> **Task requirements**
For the listing that follows, give again exactly the lines from the one with "pub perf_last : Map ℕ" to the one with "ops ← add_u64 (← gets (λ m. m.op_count)) 1", including both.

> **Entries shown**

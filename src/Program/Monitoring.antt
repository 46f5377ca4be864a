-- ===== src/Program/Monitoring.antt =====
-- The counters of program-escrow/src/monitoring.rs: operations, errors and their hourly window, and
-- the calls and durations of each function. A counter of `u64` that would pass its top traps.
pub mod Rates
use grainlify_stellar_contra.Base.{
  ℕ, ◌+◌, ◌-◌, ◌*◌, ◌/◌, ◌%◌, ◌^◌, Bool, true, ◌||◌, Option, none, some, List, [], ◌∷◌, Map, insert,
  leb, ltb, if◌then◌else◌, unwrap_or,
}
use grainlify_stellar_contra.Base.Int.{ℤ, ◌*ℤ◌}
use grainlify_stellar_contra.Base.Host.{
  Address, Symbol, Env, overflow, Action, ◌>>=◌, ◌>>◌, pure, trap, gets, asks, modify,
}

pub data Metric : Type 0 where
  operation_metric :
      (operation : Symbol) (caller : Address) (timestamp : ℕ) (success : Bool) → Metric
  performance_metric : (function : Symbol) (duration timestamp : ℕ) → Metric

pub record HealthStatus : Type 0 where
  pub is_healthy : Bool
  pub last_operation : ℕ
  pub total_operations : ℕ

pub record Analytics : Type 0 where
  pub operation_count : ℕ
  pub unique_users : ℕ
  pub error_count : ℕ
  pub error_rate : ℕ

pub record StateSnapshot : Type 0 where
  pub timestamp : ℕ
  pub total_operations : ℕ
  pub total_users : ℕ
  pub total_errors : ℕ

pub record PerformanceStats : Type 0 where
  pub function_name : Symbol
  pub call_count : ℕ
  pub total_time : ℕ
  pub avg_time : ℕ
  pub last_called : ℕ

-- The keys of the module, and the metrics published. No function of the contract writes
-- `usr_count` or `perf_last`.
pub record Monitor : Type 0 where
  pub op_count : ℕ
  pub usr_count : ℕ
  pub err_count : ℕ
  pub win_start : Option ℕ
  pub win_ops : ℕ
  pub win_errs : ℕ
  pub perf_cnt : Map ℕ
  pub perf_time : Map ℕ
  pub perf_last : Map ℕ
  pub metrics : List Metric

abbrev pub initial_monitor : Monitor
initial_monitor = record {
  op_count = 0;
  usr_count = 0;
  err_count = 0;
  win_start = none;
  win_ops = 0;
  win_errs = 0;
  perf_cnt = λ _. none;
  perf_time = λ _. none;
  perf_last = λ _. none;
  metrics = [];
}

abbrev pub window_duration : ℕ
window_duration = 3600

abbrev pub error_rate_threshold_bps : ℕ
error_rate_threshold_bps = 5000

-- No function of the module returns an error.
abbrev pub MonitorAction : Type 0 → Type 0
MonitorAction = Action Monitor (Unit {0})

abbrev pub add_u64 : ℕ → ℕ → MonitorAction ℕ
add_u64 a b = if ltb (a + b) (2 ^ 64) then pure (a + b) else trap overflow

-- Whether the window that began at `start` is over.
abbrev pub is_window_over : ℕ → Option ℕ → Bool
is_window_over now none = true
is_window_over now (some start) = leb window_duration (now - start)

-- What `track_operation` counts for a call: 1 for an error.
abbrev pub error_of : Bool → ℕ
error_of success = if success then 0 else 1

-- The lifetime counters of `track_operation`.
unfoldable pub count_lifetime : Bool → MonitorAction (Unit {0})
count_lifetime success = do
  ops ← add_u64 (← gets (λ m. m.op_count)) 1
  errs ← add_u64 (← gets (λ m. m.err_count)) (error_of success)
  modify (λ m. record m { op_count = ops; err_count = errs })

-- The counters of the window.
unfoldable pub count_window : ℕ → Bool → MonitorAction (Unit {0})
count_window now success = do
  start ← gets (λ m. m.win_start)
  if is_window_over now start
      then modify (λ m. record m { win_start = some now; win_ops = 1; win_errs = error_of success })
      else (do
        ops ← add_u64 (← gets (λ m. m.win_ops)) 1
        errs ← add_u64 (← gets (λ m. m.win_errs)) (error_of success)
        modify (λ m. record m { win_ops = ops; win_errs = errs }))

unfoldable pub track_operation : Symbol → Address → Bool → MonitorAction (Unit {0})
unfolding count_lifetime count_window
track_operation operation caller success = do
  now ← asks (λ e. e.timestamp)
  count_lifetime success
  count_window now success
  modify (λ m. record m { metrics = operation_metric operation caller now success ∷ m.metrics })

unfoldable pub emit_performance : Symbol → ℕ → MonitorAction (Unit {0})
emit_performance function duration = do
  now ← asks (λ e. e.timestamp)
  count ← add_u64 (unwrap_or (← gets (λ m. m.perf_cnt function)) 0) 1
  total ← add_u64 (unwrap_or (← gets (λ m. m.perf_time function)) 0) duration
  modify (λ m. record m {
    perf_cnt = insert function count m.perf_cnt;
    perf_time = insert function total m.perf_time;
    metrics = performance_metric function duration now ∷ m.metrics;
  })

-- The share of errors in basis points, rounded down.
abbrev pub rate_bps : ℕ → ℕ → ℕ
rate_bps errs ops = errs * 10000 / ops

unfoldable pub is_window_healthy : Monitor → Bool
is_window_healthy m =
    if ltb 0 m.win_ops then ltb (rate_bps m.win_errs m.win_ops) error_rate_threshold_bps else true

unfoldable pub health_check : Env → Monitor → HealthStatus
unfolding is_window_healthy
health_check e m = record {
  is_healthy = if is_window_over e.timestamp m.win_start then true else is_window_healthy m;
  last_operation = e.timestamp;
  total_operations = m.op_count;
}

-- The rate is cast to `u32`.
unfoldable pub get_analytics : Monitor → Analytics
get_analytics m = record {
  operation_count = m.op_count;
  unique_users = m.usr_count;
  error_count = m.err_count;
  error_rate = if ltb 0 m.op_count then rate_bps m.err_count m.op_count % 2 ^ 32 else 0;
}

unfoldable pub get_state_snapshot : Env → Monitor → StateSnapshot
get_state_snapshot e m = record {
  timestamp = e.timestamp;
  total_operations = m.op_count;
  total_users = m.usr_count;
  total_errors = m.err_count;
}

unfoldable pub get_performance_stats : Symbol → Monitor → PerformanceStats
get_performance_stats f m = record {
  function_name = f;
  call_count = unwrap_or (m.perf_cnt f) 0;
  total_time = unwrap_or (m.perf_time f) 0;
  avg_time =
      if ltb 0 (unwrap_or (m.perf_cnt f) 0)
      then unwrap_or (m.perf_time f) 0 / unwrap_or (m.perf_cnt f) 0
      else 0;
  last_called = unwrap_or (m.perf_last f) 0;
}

==

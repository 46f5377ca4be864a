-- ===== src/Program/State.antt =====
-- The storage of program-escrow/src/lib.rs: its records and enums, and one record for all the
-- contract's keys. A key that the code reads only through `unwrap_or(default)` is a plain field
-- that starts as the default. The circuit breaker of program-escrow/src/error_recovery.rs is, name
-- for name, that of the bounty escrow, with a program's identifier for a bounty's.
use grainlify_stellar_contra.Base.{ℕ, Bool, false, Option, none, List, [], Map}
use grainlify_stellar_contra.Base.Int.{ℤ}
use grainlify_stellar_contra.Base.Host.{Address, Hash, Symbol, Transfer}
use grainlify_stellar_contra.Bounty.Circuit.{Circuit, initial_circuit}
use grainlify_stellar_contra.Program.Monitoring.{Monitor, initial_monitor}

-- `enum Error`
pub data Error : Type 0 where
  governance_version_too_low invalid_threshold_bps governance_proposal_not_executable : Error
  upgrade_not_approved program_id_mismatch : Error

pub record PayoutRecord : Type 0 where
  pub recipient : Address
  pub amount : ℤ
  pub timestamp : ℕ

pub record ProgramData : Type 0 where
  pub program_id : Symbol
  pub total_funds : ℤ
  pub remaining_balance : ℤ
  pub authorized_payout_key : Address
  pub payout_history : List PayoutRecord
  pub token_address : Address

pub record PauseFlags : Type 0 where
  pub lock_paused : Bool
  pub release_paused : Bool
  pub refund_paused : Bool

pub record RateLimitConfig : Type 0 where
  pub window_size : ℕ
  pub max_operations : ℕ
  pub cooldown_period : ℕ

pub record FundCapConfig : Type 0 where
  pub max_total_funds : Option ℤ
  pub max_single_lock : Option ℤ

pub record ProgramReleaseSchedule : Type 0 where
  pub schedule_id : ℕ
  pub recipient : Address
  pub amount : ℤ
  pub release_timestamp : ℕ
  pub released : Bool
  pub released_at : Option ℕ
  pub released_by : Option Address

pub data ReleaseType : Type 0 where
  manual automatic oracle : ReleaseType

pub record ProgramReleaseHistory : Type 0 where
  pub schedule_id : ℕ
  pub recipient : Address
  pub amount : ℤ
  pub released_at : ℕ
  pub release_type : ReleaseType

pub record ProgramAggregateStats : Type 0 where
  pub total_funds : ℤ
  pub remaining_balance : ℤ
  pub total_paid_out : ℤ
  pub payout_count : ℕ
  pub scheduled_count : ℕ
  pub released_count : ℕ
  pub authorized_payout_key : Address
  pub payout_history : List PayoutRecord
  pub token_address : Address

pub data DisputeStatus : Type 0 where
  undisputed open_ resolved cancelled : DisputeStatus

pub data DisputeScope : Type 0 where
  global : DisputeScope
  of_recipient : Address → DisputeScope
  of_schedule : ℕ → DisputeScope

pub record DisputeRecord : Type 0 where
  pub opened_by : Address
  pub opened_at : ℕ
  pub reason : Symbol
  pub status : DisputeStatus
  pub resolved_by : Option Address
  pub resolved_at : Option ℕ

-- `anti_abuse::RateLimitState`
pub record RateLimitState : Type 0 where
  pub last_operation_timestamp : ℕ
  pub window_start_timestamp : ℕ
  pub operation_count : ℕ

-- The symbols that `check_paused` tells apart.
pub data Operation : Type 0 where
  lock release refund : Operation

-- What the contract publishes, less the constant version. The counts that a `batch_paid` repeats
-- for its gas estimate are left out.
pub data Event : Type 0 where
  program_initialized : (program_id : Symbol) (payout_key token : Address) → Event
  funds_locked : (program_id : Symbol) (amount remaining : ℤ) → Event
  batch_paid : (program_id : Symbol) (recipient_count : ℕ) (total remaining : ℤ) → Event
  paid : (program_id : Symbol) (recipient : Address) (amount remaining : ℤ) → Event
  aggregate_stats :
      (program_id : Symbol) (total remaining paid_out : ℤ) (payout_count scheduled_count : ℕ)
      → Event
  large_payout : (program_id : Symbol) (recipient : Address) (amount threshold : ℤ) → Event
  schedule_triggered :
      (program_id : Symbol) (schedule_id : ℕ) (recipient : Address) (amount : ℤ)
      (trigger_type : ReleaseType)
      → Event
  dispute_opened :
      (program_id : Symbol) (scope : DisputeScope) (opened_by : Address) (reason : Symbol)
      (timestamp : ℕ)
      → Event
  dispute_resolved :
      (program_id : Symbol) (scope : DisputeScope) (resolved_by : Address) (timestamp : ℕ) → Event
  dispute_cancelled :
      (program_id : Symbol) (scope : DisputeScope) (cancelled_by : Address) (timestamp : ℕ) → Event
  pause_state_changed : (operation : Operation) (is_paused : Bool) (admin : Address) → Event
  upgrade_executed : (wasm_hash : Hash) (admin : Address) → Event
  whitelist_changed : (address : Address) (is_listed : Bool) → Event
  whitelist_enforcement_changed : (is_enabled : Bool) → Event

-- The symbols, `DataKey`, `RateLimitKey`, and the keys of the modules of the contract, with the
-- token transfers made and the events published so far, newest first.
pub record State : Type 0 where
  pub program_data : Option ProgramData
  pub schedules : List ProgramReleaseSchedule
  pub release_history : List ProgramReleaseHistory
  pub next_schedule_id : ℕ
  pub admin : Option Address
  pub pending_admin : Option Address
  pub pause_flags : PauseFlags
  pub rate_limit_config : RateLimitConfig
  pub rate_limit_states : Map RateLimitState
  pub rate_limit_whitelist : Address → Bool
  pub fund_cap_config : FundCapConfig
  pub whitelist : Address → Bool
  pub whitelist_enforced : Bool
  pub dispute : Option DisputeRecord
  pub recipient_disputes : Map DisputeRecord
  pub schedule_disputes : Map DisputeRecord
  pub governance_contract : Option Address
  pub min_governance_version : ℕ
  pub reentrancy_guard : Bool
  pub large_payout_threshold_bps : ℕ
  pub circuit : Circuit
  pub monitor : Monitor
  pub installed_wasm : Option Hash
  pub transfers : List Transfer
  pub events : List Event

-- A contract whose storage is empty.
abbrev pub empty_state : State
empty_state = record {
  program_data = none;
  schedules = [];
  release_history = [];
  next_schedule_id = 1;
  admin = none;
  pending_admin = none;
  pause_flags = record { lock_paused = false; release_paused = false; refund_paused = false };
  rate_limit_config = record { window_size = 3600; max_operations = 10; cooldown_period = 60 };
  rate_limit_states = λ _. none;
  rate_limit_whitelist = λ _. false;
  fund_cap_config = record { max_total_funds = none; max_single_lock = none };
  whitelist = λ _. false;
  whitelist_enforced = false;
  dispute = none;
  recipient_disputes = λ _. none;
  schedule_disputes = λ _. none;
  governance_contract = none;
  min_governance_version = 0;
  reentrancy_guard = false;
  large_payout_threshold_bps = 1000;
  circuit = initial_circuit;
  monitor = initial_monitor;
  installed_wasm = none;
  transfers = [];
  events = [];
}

...

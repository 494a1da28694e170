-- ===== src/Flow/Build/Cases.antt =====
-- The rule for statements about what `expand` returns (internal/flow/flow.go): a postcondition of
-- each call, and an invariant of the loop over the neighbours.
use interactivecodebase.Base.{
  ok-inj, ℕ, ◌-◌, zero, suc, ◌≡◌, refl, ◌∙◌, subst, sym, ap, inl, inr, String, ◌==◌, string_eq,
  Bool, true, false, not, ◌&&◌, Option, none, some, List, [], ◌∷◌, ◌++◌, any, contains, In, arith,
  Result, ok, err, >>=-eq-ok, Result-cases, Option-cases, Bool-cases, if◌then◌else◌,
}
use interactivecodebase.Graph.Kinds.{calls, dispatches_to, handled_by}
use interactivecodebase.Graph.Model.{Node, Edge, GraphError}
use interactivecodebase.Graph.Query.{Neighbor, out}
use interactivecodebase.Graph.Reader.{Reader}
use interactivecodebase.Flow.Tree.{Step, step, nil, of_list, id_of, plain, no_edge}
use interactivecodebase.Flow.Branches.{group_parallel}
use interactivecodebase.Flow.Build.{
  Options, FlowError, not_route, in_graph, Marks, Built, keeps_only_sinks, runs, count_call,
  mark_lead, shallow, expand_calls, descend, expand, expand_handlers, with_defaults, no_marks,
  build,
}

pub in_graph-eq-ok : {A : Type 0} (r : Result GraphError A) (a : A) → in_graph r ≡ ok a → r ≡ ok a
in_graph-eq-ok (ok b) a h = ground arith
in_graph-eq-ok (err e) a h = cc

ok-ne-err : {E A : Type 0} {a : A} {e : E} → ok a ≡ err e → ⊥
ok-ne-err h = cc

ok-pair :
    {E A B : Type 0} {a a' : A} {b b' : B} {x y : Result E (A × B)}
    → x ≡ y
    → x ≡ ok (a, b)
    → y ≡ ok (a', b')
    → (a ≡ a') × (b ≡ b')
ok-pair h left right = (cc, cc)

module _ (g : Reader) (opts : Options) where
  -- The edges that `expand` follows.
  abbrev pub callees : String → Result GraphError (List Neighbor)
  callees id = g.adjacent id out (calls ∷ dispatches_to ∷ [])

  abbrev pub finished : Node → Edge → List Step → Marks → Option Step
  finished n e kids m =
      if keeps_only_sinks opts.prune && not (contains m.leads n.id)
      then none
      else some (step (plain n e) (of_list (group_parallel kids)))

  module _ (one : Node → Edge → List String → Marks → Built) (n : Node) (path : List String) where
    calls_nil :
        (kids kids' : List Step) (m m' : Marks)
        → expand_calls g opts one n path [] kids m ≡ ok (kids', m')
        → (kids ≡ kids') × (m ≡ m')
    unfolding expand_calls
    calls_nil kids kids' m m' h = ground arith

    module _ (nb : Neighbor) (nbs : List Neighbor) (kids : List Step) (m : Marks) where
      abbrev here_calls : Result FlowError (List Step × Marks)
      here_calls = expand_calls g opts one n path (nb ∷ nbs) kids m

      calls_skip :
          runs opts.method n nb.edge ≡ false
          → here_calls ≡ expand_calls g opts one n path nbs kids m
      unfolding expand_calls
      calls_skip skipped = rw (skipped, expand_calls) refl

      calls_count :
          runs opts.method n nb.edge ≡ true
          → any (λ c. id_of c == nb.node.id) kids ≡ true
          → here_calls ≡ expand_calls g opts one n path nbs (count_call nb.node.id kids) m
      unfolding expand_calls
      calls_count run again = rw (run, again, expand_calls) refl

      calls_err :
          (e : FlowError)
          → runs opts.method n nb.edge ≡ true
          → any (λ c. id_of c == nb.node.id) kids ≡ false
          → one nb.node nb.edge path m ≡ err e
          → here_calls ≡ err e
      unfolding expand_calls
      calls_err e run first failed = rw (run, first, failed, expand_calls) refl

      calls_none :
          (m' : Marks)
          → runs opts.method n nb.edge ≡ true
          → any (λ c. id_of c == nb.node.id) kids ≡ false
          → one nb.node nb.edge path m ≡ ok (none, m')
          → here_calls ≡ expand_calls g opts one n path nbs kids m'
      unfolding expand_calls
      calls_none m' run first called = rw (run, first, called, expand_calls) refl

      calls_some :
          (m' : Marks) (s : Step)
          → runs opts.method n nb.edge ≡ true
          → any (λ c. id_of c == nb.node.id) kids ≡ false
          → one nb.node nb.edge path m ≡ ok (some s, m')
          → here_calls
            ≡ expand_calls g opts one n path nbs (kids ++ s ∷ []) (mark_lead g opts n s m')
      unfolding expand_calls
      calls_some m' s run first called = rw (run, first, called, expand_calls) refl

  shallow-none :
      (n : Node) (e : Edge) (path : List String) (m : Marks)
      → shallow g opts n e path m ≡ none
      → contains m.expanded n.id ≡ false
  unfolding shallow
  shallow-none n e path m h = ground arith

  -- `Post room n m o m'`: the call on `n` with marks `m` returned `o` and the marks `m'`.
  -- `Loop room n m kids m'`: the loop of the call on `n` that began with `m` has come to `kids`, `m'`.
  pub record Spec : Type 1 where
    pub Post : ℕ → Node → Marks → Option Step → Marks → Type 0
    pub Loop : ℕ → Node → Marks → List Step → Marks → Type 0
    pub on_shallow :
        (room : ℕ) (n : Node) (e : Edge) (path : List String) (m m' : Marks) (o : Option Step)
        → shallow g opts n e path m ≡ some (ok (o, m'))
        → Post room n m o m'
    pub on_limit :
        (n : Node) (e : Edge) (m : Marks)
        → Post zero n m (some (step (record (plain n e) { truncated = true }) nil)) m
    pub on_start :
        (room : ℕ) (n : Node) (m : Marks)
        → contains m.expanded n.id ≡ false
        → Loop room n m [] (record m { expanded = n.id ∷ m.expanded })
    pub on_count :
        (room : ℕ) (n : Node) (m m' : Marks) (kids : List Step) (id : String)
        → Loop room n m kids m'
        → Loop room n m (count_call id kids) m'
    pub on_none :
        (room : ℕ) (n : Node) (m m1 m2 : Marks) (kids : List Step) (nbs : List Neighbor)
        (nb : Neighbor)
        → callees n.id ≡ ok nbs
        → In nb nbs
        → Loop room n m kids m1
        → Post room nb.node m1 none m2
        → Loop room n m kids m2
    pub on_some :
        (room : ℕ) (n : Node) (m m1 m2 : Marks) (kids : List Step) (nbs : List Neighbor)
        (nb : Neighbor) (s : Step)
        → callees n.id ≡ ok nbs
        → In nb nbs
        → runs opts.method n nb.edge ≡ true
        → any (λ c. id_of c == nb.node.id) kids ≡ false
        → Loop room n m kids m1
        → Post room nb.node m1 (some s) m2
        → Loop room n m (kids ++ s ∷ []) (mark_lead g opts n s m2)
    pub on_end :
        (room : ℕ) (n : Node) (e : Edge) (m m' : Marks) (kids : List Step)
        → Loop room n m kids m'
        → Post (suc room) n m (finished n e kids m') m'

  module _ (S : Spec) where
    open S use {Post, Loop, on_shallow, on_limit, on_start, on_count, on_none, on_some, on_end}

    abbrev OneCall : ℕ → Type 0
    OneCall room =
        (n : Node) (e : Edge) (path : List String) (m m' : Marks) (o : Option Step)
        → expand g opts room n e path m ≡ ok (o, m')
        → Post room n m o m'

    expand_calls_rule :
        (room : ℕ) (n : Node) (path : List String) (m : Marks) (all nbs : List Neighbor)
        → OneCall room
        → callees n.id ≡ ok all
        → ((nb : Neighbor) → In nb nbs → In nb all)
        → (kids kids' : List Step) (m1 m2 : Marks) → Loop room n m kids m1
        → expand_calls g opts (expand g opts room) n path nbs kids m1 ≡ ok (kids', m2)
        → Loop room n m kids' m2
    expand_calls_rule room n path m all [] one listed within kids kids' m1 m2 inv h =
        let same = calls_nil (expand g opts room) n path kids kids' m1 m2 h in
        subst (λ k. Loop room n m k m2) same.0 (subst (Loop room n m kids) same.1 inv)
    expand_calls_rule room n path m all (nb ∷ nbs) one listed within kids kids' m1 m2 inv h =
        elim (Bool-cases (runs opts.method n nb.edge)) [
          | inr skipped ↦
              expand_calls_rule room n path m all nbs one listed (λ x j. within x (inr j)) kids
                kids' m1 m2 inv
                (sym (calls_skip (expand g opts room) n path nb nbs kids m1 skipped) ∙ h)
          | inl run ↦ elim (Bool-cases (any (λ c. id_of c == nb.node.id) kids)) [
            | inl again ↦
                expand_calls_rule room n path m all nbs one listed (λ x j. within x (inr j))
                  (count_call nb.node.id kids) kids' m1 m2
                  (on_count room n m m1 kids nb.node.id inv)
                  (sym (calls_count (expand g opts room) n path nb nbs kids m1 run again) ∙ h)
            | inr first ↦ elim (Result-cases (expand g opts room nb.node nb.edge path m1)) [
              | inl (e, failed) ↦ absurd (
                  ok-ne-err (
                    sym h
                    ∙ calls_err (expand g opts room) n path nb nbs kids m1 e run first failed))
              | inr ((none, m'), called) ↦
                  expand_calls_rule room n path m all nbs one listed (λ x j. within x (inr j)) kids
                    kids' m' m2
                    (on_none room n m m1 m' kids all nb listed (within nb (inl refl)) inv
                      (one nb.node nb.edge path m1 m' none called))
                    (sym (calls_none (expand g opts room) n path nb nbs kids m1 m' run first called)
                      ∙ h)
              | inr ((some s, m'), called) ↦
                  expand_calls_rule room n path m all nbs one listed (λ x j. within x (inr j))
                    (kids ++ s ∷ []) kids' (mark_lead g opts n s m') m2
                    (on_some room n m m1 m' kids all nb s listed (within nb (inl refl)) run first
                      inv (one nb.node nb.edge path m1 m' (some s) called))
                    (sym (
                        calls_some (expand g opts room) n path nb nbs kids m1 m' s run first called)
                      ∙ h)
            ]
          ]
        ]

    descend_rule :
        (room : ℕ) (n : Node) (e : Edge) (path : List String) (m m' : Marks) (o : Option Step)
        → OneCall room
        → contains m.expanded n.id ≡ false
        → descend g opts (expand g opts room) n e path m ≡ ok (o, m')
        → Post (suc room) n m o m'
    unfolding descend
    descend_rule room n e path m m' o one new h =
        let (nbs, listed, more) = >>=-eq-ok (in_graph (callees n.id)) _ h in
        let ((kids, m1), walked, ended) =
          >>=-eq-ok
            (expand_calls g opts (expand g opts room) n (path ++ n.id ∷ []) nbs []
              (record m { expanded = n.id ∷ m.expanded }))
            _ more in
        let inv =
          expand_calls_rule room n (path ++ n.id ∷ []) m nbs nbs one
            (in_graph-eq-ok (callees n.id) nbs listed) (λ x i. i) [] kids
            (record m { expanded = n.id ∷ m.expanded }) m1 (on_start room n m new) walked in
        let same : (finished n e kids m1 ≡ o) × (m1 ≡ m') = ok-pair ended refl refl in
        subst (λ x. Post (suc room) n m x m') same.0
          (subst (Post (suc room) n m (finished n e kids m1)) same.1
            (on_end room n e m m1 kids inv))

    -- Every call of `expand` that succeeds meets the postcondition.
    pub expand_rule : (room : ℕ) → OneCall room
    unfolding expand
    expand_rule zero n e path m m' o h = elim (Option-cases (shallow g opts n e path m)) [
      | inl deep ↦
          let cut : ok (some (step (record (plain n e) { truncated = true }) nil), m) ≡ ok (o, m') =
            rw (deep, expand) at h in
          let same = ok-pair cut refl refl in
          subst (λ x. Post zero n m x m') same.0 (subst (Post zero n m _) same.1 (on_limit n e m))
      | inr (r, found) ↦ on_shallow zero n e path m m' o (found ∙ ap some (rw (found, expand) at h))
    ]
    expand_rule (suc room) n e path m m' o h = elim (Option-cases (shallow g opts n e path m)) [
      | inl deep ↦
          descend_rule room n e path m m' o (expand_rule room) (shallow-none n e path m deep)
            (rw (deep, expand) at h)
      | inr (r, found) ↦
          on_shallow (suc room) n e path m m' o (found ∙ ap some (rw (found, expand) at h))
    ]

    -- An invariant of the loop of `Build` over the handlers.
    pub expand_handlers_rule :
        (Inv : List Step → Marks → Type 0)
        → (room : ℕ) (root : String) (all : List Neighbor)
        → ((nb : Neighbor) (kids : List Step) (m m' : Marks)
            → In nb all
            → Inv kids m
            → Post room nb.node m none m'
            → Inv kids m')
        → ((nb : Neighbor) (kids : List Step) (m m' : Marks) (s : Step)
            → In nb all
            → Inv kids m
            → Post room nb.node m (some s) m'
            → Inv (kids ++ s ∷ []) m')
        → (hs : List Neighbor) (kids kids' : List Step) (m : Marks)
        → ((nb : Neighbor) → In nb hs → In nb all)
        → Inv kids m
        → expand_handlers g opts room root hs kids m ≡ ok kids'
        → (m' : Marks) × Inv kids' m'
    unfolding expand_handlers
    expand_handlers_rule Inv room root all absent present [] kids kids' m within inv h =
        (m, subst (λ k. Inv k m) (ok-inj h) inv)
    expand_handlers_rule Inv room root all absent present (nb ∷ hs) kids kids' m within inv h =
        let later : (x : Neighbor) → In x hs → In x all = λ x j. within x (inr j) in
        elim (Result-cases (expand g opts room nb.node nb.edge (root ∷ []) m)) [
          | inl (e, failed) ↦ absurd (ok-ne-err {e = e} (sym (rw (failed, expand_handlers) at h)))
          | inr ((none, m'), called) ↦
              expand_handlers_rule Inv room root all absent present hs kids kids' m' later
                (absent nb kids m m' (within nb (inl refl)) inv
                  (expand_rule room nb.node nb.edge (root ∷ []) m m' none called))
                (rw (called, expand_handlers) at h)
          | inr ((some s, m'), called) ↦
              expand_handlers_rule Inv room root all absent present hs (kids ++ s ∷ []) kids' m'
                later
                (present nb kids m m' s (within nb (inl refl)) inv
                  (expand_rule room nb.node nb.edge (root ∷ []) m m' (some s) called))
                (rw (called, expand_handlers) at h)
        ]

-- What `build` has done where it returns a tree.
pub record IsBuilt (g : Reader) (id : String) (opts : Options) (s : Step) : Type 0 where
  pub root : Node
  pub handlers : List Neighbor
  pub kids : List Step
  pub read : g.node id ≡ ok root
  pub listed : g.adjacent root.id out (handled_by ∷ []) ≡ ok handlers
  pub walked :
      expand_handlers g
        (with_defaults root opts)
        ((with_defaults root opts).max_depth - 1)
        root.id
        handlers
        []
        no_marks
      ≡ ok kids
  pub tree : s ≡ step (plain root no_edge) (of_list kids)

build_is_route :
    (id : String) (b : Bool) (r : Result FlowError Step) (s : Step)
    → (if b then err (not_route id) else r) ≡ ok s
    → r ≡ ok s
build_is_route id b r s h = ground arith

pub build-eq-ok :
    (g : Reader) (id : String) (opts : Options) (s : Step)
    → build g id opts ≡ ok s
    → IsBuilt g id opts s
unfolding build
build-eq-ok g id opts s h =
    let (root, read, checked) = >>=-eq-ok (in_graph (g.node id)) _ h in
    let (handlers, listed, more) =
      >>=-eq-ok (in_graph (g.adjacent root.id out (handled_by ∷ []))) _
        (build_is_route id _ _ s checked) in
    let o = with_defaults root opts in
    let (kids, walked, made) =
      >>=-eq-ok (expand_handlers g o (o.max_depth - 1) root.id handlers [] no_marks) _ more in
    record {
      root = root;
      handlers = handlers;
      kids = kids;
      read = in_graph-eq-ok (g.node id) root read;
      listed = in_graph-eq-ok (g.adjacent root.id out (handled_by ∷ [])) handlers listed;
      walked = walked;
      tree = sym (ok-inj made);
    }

> **Written response**
  pub perf_last : Map ℕ
  pub metrics : List Metric

abbrev pub initial_monitor : Monitor
initial_monitor = record {
  op_count = 0;
  usr_count = 0;
  err_count = 0;
  win_start = none;
  win_ops = 0;
  win_errs = 0;
  perf_cnt = λ _. none;
  perf_time = λ _. none;
  perf_last = λ _. none;
  metrics = [];
}

abbrev pub window_duration : ℕ
window_duration = 3600

abbrev pub error_rate_threshold_bps : ℕ
error_rate_threshold_bps = 5000

-- No function of the module returns an error.
abbrev pub MonitorAction : Type 0 → Type 0
MonitorAction = Action Monitor (Unit {0})

abbrev pub add_u64 : ℕ → ℕ → MonitorAction ℕ
add_u64 a b = if ltb (a + b) (2 ^ 64) then pure (a + b) else trap overflow

-- Whether the window that began at `start` is over.
abbrev pub is_window_over : ℕ → Option ℕ → Bool
is_window_over now none = true
is_window_over now (some start) = leb window_duration (now - start)

-- What `track_operation` counts for a call: 1 for an error.
abbrev pub error_of : Bool → ℕ
error_of success = if success then 0 else 1

-- The lifetime counters of `track_operation`.
unfoldable pub count_lifetime : Bool → MonitorAction (Unit {0})
count_lifetime success = do
  ops ← add_u64 (← gets (λ m. m.op_count)) 1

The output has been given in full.